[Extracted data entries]
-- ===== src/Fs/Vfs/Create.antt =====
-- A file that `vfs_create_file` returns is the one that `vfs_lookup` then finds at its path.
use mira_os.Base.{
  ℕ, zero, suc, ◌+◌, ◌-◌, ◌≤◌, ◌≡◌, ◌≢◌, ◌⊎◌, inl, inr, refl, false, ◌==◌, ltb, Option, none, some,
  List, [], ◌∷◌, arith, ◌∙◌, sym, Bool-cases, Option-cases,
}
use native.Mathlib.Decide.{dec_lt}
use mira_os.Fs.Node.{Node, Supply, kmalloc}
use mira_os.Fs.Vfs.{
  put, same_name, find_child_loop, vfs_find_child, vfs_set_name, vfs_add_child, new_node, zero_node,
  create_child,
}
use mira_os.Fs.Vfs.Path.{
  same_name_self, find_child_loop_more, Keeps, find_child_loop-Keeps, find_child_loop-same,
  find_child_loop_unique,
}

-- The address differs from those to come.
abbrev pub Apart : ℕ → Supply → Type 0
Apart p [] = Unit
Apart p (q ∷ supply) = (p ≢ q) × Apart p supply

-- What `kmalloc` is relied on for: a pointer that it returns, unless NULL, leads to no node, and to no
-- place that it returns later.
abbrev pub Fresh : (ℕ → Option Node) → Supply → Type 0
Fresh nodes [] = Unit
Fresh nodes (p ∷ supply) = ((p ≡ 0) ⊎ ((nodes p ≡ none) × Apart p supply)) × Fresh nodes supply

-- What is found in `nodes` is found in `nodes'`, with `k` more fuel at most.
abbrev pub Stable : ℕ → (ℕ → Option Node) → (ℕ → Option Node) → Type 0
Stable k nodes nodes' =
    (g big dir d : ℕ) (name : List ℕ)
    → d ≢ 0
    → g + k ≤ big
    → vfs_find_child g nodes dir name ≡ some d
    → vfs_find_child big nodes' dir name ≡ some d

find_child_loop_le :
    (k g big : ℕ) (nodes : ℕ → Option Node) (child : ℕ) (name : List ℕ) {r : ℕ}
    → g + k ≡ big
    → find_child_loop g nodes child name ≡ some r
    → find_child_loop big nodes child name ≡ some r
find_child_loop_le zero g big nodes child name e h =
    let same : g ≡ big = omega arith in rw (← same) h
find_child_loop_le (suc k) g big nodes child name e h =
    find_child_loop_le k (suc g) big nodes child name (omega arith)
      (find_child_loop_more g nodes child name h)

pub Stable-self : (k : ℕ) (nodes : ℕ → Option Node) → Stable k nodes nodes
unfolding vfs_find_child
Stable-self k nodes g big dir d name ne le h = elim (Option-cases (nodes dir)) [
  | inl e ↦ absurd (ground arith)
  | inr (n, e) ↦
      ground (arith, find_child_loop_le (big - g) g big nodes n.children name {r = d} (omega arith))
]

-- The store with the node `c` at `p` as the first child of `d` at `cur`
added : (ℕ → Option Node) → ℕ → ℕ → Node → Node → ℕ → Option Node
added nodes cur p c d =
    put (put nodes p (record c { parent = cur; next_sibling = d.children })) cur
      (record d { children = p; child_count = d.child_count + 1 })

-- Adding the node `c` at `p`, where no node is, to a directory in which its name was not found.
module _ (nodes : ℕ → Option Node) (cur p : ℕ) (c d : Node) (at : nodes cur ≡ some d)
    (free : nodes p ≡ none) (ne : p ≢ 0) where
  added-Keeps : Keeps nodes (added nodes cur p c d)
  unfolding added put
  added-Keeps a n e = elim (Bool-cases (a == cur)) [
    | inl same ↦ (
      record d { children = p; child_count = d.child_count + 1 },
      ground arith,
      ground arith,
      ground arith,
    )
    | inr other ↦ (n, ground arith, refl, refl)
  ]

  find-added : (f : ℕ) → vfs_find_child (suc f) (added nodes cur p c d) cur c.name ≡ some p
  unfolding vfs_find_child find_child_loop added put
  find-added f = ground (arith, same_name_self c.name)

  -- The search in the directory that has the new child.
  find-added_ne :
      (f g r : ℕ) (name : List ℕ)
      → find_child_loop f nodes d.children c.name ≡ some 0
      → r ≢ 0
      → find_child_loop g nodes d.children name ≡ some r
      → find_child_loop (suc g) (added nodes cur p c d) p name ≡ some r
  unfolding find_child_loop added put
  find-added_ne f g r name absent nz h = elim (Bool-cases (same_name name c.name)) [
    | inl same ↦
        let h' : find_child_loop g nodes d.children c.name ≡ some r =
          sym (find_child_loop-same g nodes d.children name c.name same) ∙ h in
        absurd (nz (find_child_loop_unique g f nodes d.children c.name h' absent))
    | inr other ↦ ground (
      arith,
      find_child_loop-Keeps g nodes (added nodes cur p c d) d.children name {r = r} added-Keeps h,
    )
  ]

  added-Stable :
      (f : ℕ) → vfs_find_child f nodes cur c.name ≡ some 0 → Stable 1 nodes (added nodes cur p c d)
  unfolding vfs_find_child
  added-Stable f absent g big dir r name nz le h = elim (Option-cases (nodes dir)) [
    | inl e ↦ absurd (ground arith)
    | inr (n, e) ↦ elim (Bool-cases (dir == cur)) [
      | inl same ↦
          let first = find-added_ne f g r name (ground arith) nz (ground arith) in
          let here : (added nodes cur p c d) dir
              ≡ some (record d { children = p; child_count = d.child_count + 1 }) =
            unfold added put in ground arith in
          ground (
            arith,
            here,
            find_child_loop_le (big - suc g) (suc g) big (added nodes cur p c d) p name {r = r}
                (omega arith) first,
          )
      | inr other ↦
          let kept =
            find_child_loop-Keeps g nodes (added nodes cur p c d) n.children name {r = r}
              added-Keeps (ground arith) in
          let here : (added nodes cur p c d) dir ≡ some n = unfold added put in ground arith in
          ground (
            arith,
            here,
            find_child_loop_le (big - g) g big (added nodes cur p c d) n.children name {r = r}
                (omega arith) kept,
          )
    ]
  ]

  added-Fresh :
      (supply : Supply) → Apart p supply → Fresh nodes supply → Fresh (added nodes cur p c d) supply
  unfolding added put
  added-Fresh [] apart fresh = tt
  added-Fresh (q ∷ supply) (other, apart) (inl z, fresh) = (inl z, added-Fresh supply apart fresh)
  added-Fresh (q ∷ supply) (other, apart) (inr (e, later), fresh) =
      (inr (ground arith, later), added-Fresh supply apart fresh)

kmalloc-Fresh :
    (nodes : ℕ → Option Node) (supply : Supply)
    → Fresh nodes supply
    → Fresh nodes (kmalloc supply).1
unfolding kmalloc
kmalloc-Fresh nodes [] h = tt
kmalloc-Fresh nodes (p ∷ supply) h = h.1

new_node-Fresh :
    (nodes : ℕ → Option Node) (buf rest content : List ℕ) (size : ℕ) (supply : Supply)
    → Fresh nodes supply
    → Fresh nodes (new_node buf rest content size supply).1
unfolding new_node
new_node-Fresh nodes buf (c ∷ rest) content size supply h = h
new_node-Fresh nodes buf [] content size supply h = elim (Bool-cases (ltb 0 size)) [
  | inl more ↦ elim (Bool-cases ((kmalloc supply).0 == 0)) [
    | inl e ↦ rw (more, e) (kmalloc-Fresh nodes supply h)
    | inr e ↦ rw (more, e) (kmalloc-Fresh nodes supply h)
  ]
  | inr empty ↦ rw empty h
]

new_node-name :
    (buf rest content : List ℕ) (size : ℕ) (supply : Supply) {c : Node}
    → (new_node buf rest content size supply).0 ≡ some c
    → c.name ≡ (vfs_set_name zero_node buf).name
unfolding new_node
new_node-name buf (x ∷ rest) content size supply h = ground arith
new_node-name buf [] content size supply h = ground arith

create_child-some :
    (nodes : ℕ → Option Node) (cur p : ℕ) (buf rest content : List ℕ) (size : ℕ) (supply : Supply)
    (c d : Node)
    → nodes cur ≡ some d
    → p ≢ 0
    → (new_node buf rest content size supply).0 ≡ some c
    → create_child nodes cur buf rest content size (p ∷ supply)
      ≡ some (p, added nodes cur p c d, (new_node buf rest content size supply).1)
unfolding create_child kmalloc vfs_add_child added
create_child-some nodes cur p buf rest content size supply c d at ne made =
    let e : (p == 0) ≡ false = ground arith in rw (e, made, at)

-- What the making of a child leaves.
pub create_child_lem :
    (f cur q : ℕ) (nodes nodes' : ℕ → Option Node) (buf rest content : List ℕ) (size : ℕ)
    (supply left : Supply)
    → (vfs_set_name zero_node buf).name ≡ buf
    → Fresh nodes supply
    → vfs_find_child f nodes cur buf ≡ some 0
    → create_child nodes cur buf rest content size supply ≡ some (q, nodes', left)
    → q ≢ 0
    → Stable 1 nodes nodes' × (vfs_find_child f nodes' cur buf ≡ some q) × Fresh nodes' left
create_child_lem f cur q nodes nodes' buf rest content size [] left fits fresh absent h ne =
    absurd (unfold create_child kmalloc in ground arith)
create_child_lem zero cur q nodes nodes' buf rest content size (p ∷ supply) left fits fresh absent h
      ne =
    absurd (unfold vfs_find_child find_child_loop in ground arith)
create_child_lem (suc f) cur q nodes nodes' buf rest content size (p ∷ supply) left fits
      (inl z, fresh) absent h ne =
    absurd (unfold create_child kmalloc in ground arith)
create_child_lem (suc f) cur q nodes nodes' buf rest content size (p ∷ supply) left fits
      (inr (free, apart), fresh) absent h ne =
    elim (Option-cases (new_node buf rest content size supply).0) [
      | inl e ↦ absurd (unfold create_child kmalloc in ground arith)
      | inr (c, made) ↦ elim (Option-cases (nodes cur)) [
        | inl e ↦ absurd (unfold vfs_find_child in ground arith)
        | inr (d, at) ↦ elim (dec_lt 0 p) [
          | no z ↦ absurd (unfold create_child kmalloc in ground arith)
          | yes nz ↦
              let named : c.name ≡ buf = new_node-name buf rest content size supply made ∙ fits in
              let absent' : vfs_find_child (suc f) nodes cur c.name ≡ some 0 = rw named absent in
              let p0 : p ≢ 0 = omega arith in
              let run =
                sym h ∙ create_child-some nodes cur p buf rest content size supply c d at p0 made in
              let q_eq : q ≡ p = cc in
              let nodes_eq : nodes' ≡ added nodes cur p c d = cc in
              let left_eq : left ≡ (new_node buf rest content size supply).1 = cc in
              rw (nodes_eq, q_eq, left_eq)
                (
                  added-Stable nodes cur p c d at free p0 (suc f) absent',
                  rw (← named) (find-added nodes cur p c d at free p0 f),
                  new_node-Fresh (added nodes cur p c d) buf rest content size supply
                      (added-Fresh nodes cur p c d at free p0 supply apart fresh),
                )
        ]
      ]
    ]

## TASK BRIEF:
The lines of the records that contain the string "elim" should be located and copied.

## WRITTEN RESPONSE:
Stable-self k nodes g big dir d name ne le h = elim (Option-cases (nodes dir)) [
  added-Keeps a n e = elim (Bool-cases (a == cur)) [
  find-added_ne f g r name absent nz h = elim (Bool-cases (same_name name c.name)) [
  added-Stable f absent g big dir r name nz le h = elim (Option-cases (nodes dir)) [
    | inr (n, e) ↦ elim (Bool-cases (dir == cur)) [
new_node-Fresh nodes buf [] content size supply h = elim (Bool-cases (ltb 0 size)) [
  | inl more ↦ elim (Bool-cases ((kmalloc supply).0 == 0)) [
    elim (Option-cases (new_node buf rest content size supply).0) [
      | inr (c, made) ↦ elim (Option-cases (nodes cur)) [
        | inr (d, at) ↦ elim (dec_lt 0 p) [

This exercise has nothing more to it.